- TASK BRIEF
Reproduce the entries shown below only from the line with "let wider = add_table" down to the line with "(inl (c, e))", keeping both end lines and copying each one exactly.

(MATERIAL TO PROCESS)

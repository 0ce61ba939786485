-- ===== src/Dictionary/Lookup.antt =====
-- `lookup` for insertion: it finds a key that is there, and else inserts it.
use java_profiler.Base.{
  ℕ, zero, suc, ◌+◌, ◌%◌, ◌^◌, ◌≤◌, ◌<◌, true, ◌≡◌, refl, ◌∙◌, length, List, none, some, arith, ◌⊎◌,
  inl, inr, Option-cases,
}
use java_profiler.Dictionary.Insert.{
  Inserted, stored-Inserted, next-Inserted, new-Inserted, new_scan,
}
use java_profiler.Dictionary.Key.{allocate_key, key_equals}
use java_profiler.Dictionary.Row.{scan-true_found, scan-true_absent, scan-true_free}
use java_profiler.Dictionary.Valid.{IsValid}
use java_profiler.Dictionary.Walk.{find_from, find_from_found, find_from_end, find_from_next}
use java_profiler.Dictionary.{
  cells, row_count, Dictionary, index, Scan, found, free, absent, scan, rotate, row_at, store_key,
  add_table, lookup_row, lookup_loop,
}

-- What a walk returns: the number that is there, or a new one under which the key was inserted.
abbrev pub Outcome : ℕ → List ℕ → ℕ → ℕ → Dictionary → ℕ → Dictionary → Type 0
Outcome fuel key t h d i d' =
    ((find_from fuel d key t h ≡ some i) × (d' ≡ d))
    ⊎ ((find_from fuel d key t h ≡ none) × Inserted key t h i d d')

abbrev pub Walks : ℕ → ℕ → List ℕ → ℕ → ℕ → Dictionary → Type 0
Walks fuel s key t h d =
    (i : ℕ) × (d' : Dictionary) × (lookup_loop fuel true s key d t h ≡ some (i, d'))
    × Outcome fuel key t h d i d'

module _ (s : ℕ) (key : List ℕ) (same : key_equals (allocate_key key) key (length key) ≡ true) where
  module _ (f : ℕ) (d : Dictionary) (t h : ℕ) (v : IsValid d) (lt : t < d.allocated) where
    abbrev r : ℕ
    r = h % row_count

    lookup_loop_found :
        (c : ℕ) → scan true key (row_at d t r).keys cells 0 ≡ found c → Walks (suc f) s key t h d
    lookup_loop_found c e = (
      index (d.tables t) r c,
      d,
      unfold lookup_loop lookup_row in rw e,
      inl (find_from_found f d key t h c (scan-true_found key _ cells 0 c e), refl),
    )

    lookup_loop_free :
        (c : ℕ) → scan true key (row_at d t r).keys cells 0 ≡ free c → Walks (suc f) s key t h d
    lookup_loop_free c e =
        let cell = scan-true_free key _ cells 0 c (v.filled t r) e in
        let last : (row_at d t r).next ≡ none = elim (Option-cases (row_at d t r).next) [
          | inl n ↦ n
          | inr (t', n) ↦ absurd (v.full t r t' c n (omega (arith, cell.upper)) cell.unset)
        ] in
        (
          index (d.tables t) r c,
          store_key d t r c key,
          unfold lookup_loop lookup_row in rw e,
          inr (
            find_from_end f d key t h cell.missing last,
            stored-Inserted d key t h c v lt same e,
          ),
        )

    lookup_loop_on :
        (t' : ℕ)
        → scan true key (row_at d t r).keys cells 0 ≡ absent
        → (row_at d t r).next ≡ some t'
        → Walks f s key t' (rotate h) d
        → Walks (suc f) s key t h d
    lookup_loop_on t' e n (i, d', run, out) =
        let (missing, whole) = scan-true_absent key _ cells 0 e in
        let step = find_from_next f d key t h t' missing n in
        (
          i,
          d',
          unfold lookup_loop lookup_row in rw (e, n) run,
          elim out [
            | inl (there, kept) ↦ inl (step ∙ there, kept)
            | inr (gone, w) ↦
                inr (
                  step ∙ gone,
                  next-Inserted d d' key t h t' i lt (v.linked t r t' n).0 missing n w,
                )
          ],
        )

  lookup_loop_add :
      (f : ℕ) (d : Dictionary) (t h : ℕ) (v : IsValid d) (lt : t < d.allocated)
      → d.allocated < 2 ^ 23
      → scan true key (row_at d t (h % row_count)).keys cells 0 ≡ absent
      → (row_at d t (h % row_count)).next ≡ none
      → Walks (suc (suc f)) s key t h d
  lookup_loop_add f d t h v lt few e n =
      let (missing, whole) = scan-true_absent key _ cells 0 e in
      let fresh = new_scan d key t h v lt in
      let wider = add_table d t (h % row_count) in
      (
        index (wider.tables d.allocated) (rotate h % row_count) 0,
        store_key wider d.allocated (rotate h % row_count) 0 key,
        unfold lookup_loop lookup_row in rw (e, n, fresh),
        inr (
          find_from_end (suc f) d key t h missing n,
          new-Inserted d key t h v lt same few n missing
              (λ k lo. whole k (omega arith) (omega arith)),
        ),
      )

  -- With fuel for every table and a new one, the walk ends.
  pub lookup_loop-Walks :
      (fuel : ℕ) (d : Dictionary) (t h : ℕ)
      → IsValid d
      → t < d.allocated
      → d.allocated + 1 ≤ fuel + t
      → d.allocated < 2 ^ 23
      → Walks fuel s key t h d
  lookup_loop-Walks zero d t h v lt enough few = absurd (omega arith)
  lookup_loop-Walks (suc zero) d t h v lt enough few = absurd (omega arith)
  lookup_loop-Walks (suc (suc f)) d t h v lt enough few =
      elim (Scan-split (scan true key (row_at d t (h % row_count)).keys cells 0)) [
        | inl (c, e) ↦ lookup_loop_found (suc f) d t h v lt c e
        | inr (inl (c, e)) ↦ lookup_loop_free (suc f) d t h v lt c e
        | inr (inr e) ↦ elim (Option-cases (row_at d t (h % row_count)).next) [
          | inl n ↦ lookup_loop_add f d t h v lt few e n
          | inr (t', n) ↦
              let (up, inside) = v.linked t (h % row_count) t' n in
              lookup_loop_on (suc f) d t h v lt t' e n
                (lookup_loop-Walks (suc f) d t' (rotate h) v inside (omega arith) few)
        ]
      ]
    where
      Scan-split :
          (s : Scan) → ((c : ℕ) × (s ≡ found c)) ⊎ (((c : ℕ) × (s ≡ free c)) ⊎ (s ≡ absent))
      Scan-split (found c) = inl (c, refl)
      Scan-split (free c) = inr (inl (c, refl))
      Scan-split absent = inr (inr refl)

(End MATERIAL TO PROCESS)

- EXERCISE RESPONSE
      let wider = add_table d t (h % row_count) in
      (
        index (wider.tables d.allocated) (rotate h % row_count) 0,
        store_key wider d.allocated (rotate h % row_count) 0 key,
        unfold lookup_loop lookup_row in rw (e, n, fresh),
        inr (
          find_from_end (suc f) d key t h missing n,
          new-Inserted d key t h v lt same few n missing
              (λ k lo. whole k (omega arith) (omega arith)),
        ),
      )

  -- With fuel for every table and a new one, the walk ends.
  pub lookup_loop-Walks :
      (fuel : ℕ) (d : Dictionary) (t h : ℕ)
      → IsValid d
      → t < d.allocated
      → d.allocated + 1 ≤ fuel + t
      → d.allocated < 2 ^ 23
      → Walks fuel s key t h d
  lookup_loop-Walks zero d t h v lt enough few = absurd (omega arith)
  lookup_loop-Walks (suc zero) d t h v lt enough few = absurd (omega arith)
  lookup_loop-Walks (suc (suc f)) d t h v lt enough few =
      elim (Scan-split (scan true key (row_at d t (h % row_count)).keys cells 0)) [
        | inl (c, e) ↦ lookup_loop_found (suc f) d t h v lt c e
        | inr (inl (c, e)) ↦ lookup_loop_free (suc f) d t h v lt c e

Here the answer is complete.